▶ [WORKING DATA]
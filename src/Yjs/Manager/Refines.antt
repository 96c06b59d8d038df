-- ===== src/Yjs/Manager/Refines.antt =====
-- yjs/yjs-doc-manager.ts against a specification that knows of each node only whether its document is
-- open, and for which sockets: no documents, no timers, no stores.
use aideep_backend.Common.{
  ℕ, String, ◌≡◌, refl, sym, ap, ◌∙◌, subst, Option, none, some, List, [], ◌∷◌, Option-cases, inl,
  inr,
}
use aideep_backend.Yjs.Documents.{Documents}
use aideep_backend.Yjs.Manager.{
  Manager, ManagedDoc, TimerKind, timer, save, idle, managed, add, without, on_managed, load_doc,
  load_second, called, get_or_create_doc, left, drop, evict, add_client, remove_client,
  apply_update, schedule_save, flush_doc, flush_all, evict_doc, cleanup_node, fire, flush,
}
use aideep_backend.Yjs.Manager.Clients.{
  view, update, on_open, opened, closed, view-set_doc, view-add_client, view-remove_client,
  view-apply_update, view-schedule_save, view-flush_doc, view-flush_all, view-evict_doc,
  view-cleanup_node,
}
use aideep_backend.Yjs.Stores.{is_down, rest_of}
use aideep_backend.Yjs.Stores.Saved.{saved-outages}

module _ (Y : Documents) where
  -- one call of the manager, or one timer that fires
  pub data Call : Type 0 where
    opens : (node_id workspace_id : String) → Call
    joins leaves : (node_id socket : String) → Call
    changes : (node_id : String) (change : Y.Update) → Call
    schedules cleans : (node_id : String) → Call
    flushes : Call
    fires : (handle : ℕ) (node_id : String) (kind : TimerKind) → Call

  unfoldable pub perform : Call → Manager Y → Manager Y
  perform (opens node_id workspace_id) m = get_or_create_doc Y node_id workspace_id m
  perform (joins node_id socket) m = add_client Y node_id socket m
  perform (leaves node_id socket) m = remove_client Y node_id socket m
  perform (changes node_id change) m = apply_update Y node_id change m
  perform (schedules node_id) m = schedule_save Y node_id m
  perform (cleans node_id) m = cleanup_node Y node_id m
  perform flushes m = flush_all Y m.docs m
  perform (fires handle node_id kind) m = fire Y (timer handle node_id kind) m

  unfoldable pub run : List Call → Manager Y → Manager Y
  run [] m = m
  run (c ∷ calls) m = run calls (perform c m)

  -- the same call, on what is open
  abbrev pub specified : Call → (String → Option (List String)) → String → Option (List String)
  specified (opens node_id workspace_id) f = update Y f node_id (opened Y (f node_id))
  specified (joins node_id socket) f = update Y f node_id (on_open Y (add Y socket) (f node_id))
  specified (leaves node_id socket) f =
      update Y f node_id (on_open Y (without Y socket) (f node_id))
  specified (changes node_id change) f = f
  specified (schedules node_id) f = f
  specified (cleans node_id) f = update Y f node_id none
  specified flushes f = f
  specified (fires handle node_id save) f = f
  specified (fires handle node_id idle) f = update Y f node_id (closed Y (f node_id))

  pub replay : List Call → (String → Option (List String)) → String → Option (List String)
  replay [] f = f
  replay (c ∷ calls) f = replay calls (specified c f)

  -- no call of a store is rejected
  abbrev pub Answers : Manager Y → Type 0
  Answers m = m.stores.outages ≡ []

  view-load_doc :
      (r : Option Y.Update) (node_id workspace_id : String) (m : Manager Y)
      → Answers m
      → view Y (load_doc Y r node_id workspace_id m) ≡ update Y (view Y m) node_id (some [])
  view-load_doc (some state) node_id workspace_id m answers = view-set_doc Y node_id _ m
  view-load_doc none node_id workspace_id m answers =
      subst
        (λ o.
          view Y (load_second Y (is_down Y o) node_id workspace_id m)
          ≡ update Y (view Y m) node_id (some []))
        (sym answers) (view-set_doc Y node_id _ (called Y m))

  pub view-get_or_create_doc :
      (node_id workspace_id : String) (m : Manager Y)
      → Answers m
      → view Y (get_or_create_doc Y node_id workspace_id m)
        ≡ update Y (view Y m) node_id (opened Y (view Y m node_id))
  unfolding get_or_create_doc
  view-get_or_create_doc node_id workspace_id m answers =
      elim (Option-cases (managed Y m node_id)) [
        | inl missing ↦
            rw missing (view-load_doc _ node_id workspace_id (called Y m) (ap (rest_of Y) answers))
        | inr (d, e) ↦ rw e (view-set_doc Y node_id _ m)
      ]

  Answers-load_doc :
      (r : Option Y.Update) (node_id workspace_id : String) (m : Manager Y)
      → Answers m
      → Answers (load_doc Y r node_id workspace_id m)
  Answers-load_doc (some state) node_id workspace_id m answers = answers
  Answers-load_doc none node_id workspace_id m answers =
      subst (λ o. Answers (load_second Y (is_down Y o) node_id workspace_id m)) (sym answers)
        (ap (rest_of Y) answers)

  pub Answers-get_or_create_doc :
      (node_id workspace_id : String) (m : Manager Y)
      → Answers m
      → Answers (get_or_create_doc Y node_id workspace_id m)
  unfolding get_or_create_doc
  Answers-get_or_create_doc node_id workspace_id m answers =
      elim (Option-cases (managed Y m node_id)) [
        | inl missing ↦
            rw missing
              (Answers-load_doc _ node_id workspace_id (called Y m) (ap (rest_of Y) answers))
        | inr (d, e) ↦ rw e answers
      ]

  -- what holds whether or not the node's document is open
  Answers-on_managed :
      (f : ManagedDoc Y → Manager Y → Manager Y) (o : Option (ManagedDoc Y)) (m : Manager Y)
      → Answers m
      → ((d : ManagedDoc Y) → Answers (f d m))
      → Answers (on_managed Y f o m)
  Answers-on_managed f none m answers h = answers
  Answers-on_managed f (some d) m answers h = h d

  Answers-left :
      (clients : List String) (node_id : String) (d : ManagedDoc Y) (m : Manager Y)
      → Answers m
      → Answers (left Y clients node_id d m)
  Answers-left (c ∷ clients) node_id d m answers = answers
  Answers-left [] node_id d m answers = saved-outages Y node_id _ _ _ m.stores answers

  Answers-evict :
      (clients : List String) (node_id : String) (d : ManagedDoc Y) (m : Manager Y)
      → Answers m
      → Answers (evict Y clients node_id d m)
  Answers-evict [] node_id d m answers = answers
  Answers-evict (c ∷ clients) node_id d m answers = answers

  pub Answers-flush_doc :
      (node_id : String) (m : Manager Y) → Answers m → Answers (flush_doc Y node_id m)
  unfolding flush_doc
  Answers-flush_doc node_id m answers =
      Answers-on_managed (flush Y node_id) (managed Y m node_id) m answers
        (λ d. saved-outages Y node_id _ _ _ m.stores answers)

  pub Answers-flush_all :
      (entries : List (String × ManagedDoc Y)) (m : Manager Y)
      → Answers m
      → Answers (flush_all Y entries m)
  unfolding flush_all
  Answers-flush_all [] m answers = answers
  Answers-flush_all ((node_id, d) ∷ entries) m answers =
      Answers-flush_all entries _ (Answers-flush_doc node_id m answers)

  Answers-perform : (c : Call) (m : Manager Y) → Answers m → Answers (perform c m)
  unfolding perform add_client remove_client apply_update schedule_save cleanup_node evict_doc fire
  Answers-perform (opens node_id workspace_id) m answers =
      Answers-get_or_create_doc node_id workspace_id m answers
  Answers-perform (joins node_id socket) m answers =
      Answers-on_managed _ (managed Y m node_id) m answers (λ d. answers)
  Answers-perform (leaves node_id socket) m answers =
      Answers-on_managed _ (managed Y m node_id) m answers (λ d. Answers-left _ node_id _ m answers)
  Answers-perform (changes node_id change) m answers =
      Answers-on_managed _ (managed Y m node_id) m answers (λ d. answers)
  Answers-perform (schedules node_id) m answers =
      Answers-on_managed _ (managed Y m node_id) m answers (λ d. answers)
  Answers-perform (cleans node_id) m answers =
      ap (rest_of Y)
        (Answers-on_managed (drop Y node_id) (managed Y m node_id) m answers (λ d. answers))
  Answers-perform flushes m answers = Answers-flush_all m.docs m answers
  Answers-perform (fires handle node_id save) m answers = Answers-flush_doc node_id _ answers
  Answers-perform (fires handle node_id idle) m answers =
      Answers-on_managed _ (managed Y m node_id) _ answers
        (λ d. Answers-evict d.clients node_id d _ answers)

  view-perform :
      (c : Call) (m : Manager Y) → Answers m → view Y (perform c m) ≡ specified c (view Y m)
  unfolding perform fire
  view-perform (opens node_id workspace_id) m answers =
      view-get_or_create_doc node_id workspace_id m answers
  view-perform (joins node_id socket) m answers = view-add_client Y node_id socket m
  view-perform (leaves node_id socket) m answers = view-remove_client Y node_id socket m
  view-perform (changes node_id change) m answers = view-apply_update Y node_id change m
  view-perform (schedules node_id) m answers = view-schedule_save Y node_id m
  view-perform (cleans node_id) m answers = view-cleanup_node Y node_id m
  view-perform flushes m answers = view-flush_all Y m.docs m
  view-perform (fires handle node_id save) m answers = view-flush_doc Y node_id _
  view-perform (fires handle node_id idle) m answers = view-evict_doc Y node_id _

  -- While the stores answer, the manager refines the specification: behind any sequence of calls and timers, a node's document is open, for exactly the sockets, as the same sequence of opening, joining, leaving, closing when idle, and deleting gives it on a function from nodes to lists of sockets; changes, saves and flushes do not show.
  pub run_refines :
      (calls : List Call) (m : Manager Y)
      → Answers m
      → view Y (run calls m) ≡ replay calls (view Y m)
  unfolding run replay
  run_refines [] m answers = refl
  run_refines (c ∷ calls) m answers =
      run_refines calls (perform c m) (Answers-perform c m answers)
      ∙ ap (replay calls) (view-perform c m answers)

▶ [ASSIGNED TASK]
Which lines of the data include the string "TimerKind"? Copy each of them.

▶ [EXPECTED ANSWER]
  Manager, ManagedDoc, TimerKind, timer, save, idle, managed, add, without, on_managed, load_doc,
    fires : (handle : ℕ) (node_id : String) (kind : TimerKind) → Call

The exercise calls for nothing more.